Question

Arrange the following in descending order
(A) \(3^{3^{33}}\)
(B) \(3^{(33)^3}\)
(C) \((3^3)^{33}\)
(D) \(3^{333}\)
Choose the correct answer from the options given below :

• A. \(A>B>D>C\)
• B. \(B = C>A>D\)
• C. \(B>A>D>C\)
• D. \(A>C>D>B\)

Hint:

Power towers grow much faster than any other exponential form. In $a^{b^c}$, $c$ is at the highest level and has the most impact. Always evaluate exponents in tower form from top to bottom.

Answer 1

The Correct Option is A

Step 1: Understanding the Concept:
For comparison of large numbers with the same base, we must simplify and compare the exponents.
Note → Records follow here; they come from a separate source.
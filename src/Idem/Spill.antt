-- ===== src/Idem/Spill.antt =====
-- The runs of the index (talea-store-log/src/idem_spill.rs): their files, the lookup in them, the flush
-- of the oldest half of the memory into a new run, and the merge of all the runs into one.
--
-- A `Disk` has the bytes of each run file of the directory under the run's number. A read fails where
-- there is no file. How the writes and the removals go is the argument of type `Attempts`.
-- `serde_json` and `crc32fast` are the operations of a `RunFormat`; the texts of errors, which are only
-- logged, leave out the numbers that they print.
pub mod Files
pub mod Index
pub mod Drain
pub mod Pending
pub mod Flush
pub mod Merge
pub mod Attach
use Prim.Native.String.{◌++◌ as append}
use talea.Prelude.{ℕ, zero, suc, ◌+◌, ◌/◌, ◌≡◌, ◌<◌, String, Bool, true, false, not, ◌||◌}
use talea.Prelude.{Option, none, some, List, [], ◌∷◌, ◌++◌, length, max, ltb, leb, ◌==◌}
use talea.Prelude.{if◌then◌else◌}
use mathlib.Core.List.{reverse}
use talea.Prelude.Eq.{nat_eq, string_eq}
use talea.HashMap.{HashMap, get, insert, remove}
use talea.Result.{Result, ok, err}
use talea.Frame.{to_le_bytes, from_le_bytes}
use talea.Idem.{CommittedRec, RunMeta, TieredIdem}
use talea.Idem.Filter.{Hasher, new_bloom, insert_keys, might_contain}
use talea.Idem.Order.{str_lt, sort_by_key, dedup_by_key, binary_search}

abbrev pub Pairs : Type 0
Pairs = List (String × CommittedRec)

abbrev pub Disk : Type 0
Disk = HashMap ℕ (List ℕ)

-- `serde_json::to_vec` and `from_slice` on pairs, and `crc32fast::hash`.
pub record RunFormat : Type 0 where
  pub to_vec : Pairs → Result String (List ℕ)
  pub from_slice : List ℕ → Result String Pairs
  pub hash : List ℕ → ℕ

-- What they document.
pub record IsRunFormat (f : RunFormat) : Type 0 where
  pub reads_back :
      (pairs : Pairs) (bytes : List ℕ) → f.to_vec pairs ≡ ok bytes → f.from_slice bytes ≡ ok pairs
  pub hash_u32 : (bytes : List ℕ) → f.hash bytes < 4294967296

unfoldable pub encode_run : RunFormat → Pairs → Result String (List ℕ)
encode_run f pairs = elim (f.to_vec pairs) [
  | err e ↦ err (append "run serialize: " e)
  | ok payload ↦ ok (to_le_bytes (f.hash payload) ++ payload)
]

unfoldable pub decode_run : RunFormat → List ℕ → Result String Pairs
decode_run f (a ∷ b ∷ c ∷ d ∷ payload) =
    if from_le_bytes a b c d == f.hash payload
    then elim (f.from_slice payload) [ err e ↦ err (append "run parse: " e) | ok pairs ↦ ok pairs ]
    else err "CRC mismatch"
decode_run f _ = err "run too short"

-- `std::fs::read` and `decode_run`: `none` for either error.
unfoldable pub read_run : RunFormat → Disk → ℕ → Option Pairs
read_run f disk n = elim (get n disk) [
  | none ↦ none
  | some bytes ↦ elim (decode_run f bytes) [ err e ↦ none | ok pairs ↦ some pairs ]
]

-- One round of `lookup_runs`.
unfoldable pub lookup_run : RunFormat → Disk → String → RunMeta → Option CommittedRec
lookup_run f disk key meta =
    if str_lt key meta.key_range.0 || str_lt meta.key_range.1 key
    then none
    else elim (read_run f disk meta.number) [ none ↦ none | some pairs ↦ binary_search key pairs ]

-- `lookup_runs`: the list has the oldest run first, and is searched from its end.
unfoldable pub lookup_runs : RunFormat → Disk → String → List RunMeta → Option CommittedRec
lookup_runs f disk key [] = none
lookup_runs f disk key (meta ∷ newer) = elim (lookup_runs f disk key newer) [
  | some rec ↦ some rec
  | none ↦ lookup_run f disk key meta
]

-- `TieredIdem::get`
unfoldable pub idem_get : RunFormat → Hasher → Disk → String → TieredIdem → Option CommittedRec
idem_get f h disk key t = elim (get key t.hot) [
  | some rec ↦ some rec
  | none ↦ if not (might_contain h key t.bloom) then none else lookup_runs f disk key t.runs
]

-- A write is done; or fails with no file; or leaves the file there, and fails at the sync of its folder.
pub data Write : Type 0 where
  done failed unsynced : Write

pub record Attempts : Type 0 where
  pub write : ℕ → Write
  pub removes : ℕ → Bool

-- `write_run_atomic`, with whether it succeeded.
unfoldable pub write_run_atomic : Attempts → ℕ → List ℕ → Disk → Disk × Bool
write_run_atomic io n bytes disk = elim (io.write n) [
  | done ↦ (insert n bytes disk, true)
  | failed ↦ (disk, false)
  | unsynced ↦ (insert n bytes disk, false)
]

-- `next_run_n`: one more than the greatest number.
unfoldable pub next_run_n : List RunMeta → ℕ
next_run_n [] = 0
next_run_n (meta ∷ runs) = max (meta.number + 1) (next_run_n runs)

-- The key of the first pair, and that of the last; for none, the empty text.
unfoldable pub min_key : Pairs → String
min_key [] = ""
min_key ((key, _) ∷ pairs) = key

unfoldable pub max_key : Pairs → String
max_key [] = ""
max_key ((key, _) ∷ []) = key
max_key (_ ∷ p ∷ pairs) = max_key (p ∷ pairs)

-- The keys in the order of insertion, the memory, and what was taken from it.
pub record Drained : Type 0 where
  pub order : List String
  pub hot : HashMap String CommittedRec
  pub spilled : Pairs

-- The loop of `flush_spill`; the key is dropped from the order also if the memory does not have it.
unfoldable pub drain : ℕ → List String → HashMap String CommittedRec → Drained
drain zero order hot = record { order = order; hot = hot; spilled = [] }
drain (suc n) [] hot = record { order = []; hot = hot; spilled = [] }
drain (suc n) (key ∷ order) hot = elim (get key hot) [
  | none ↦ drain n order hot
  | some rec ↦
      let rest = drain n order (remove key hot) in
      record rest { spilled = (key, rec) ∷ rest.spilled }
]

-- The loops that return the keys to the memory: each goes to the front of the order.
unfoldable pub put_back : Pairs → TieredIdem → TieredIdem
put_back [] t = t
put_back ((key, rec) ∷ pairs) t =
    put_back pairs (record t { order = key ∷ t.order; hot = insert key rec t.hot })

unfoldable pub run_of : ℕ → Pairs → RunMeta
run_of n pairs = record {
  number = n;
  key_range = (min_key pairs, max_key pairs);
  len = length pairs;
}

-- The pairs of all the runs, oldest run first; `none` if one cannot be read.
unfoldable pub read_all : RunFormat → Disk → List RunMeta → Option Pairs
read_all f disk [] = some []
read_all f disk (meta ∷ runs) = elim (read_run f disk meta.number) [
  | none ↦ none
  | some pairs ↦ elim (read_all f disk runs) [ none ↦ none | some rest ↦ some (pairs ++ rest) ]
]

-- A file that cannot be removed stays.
unfoldable pub remove_files : Attempts → List RunMeta → Disk → Disk
remove_files io [] disk = disk
remove_files io (meta ∷ runs) disk =
    remove_files io runs (if io.removes meta.number then remove meta.number disk else disk)

unfoldable pub merged_runs : ℕ → Pairs → List RunMeta
merged_runs n [] = []
merged_runs n (p ∷ pairs) = run_of n (p ∷ pairs) ∷ []

-- `merge_runs` from where the merged pairs are known.
unfoldable pub merge_into :
    RunFormat → Hasher → Attempts → Pairs → TieredIdem → Disk → TieredIdem × Disk
merge_into f h io merged t disk =
    let n = next_run_n t.runs in
    elim (encode_run f merged) [
      | err e ↦ (t, disk)
      | ok bytes ↦
          let written = write_run_atomic io n bytes disk in
          if written.1
          then (
            record t {
              runs = merged_runs n merged;
              bloom = insert_keys h merged (new_bloom (max (length merged) t.cap));
            },
            remove_files io t.runs written.0,
          )
          else (t, written.0)
    ]

unfoldable pub merge_runs : RunFormat → Hasher → Attempts → TieredIdem → Disk → TieredIdem × Disk
merge_runs f h io t disk =
    if leb (length t.runs) 1 then (t, disk) else elim (read_all f disk t.runs) [
      | none ↦ (t, disk)
      | some pairs ↦ merge_into f h io (dedup_by_key (sort_by_key pairs)) t disk
    ]

-- The state once the run is written: the run is registered, and its keys enter the filter.
unfoldable pub spilled_state : Hasher → ℕ → Pairs → TieredIdem → TieredIdem
spilled_state h n spilled t = record t {
  runs = t.runs ++ (run_of n spilled ∷ []);
  bloom = insert_keys h spilled t.bloom;
}

-- `flush_spill` from where the drained pairs are sorted; `t` is the state without them. The two failures
-- return the pairs in different orders.
unfoldable pub write_spill :
    RunFormat → Hasher → Attempts → Pairs → TieredIdem → Disk → TieredIdem × Disk
write_spill f h io [] t disk = (t, disk)
write_spill f h io (p ∷ ps) t disk =
    let spilled = p ∷ ps in
    let n = next_run_n t.runs in
    elim (encode_run f spilled) [
      | err e ↦ (put_back spilled t, disk)
      | ok bytes ↦
          let written = write_run_atomic io n bytes disk in
          let next = spilled_state h n spilled t in
          if written.1
          then (if ltb 8 (length next.runs)
              then merge_runs f h io next written.0
              else (next, written.0))
          else (put_back (reverse spilled) t, written.0)
    ]

unfoldable pub flush_spill : RunFormat → Hasher → Attempts → TieredIdem → Disk → TieredIdem × Disk
flush_spill f h io t disk =
    let d = drain (length t.hot / 2) t.order t.hot in
    write_spill f h io (sort_by_key d.spilled) (record t { order = d.order; hot = d.hot }) disk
Note the difference in notation: \(a^{b^c} = a^{(b^c)}\) (evaluated top-down), whereas \((a^b)^c = a^{b \times c}\).
Step 2: Key Formula or Approach: Compare the magnitude of exponents for base 3.
Step 3: Detailed Explanation:
Let's analyze the exponent for each term:
(A) \(3^{3^{33}}\): The exponent is \(3^{33}\). This is a massive number, approximately \(5.5 \times 10^{15}\).
(B) \(3^{(33)^3}\): The exponent is \(33^3 = 35,937\).
(C) \((3^3)^{33} = 3^{3 \times 33} = 3^{99}\). The exponent is \(99\).
(D) \(3^{333}\): The exponent is \(333\).
Now, we compare the exponents:
\(3^{33}\) is significantly larger than \(35,937\).
\(35,937\) is significantly larger than \(333\).
\(333\) is larger than \(99\).
Therefore, the order of exponents is: \(3^{33}>(33)^3>333>99\).
Correspondingly, the order of the numbers is \(A>B>D>C\).
Step 4: Final Answer:
The descending order is \(A>B>D>C\).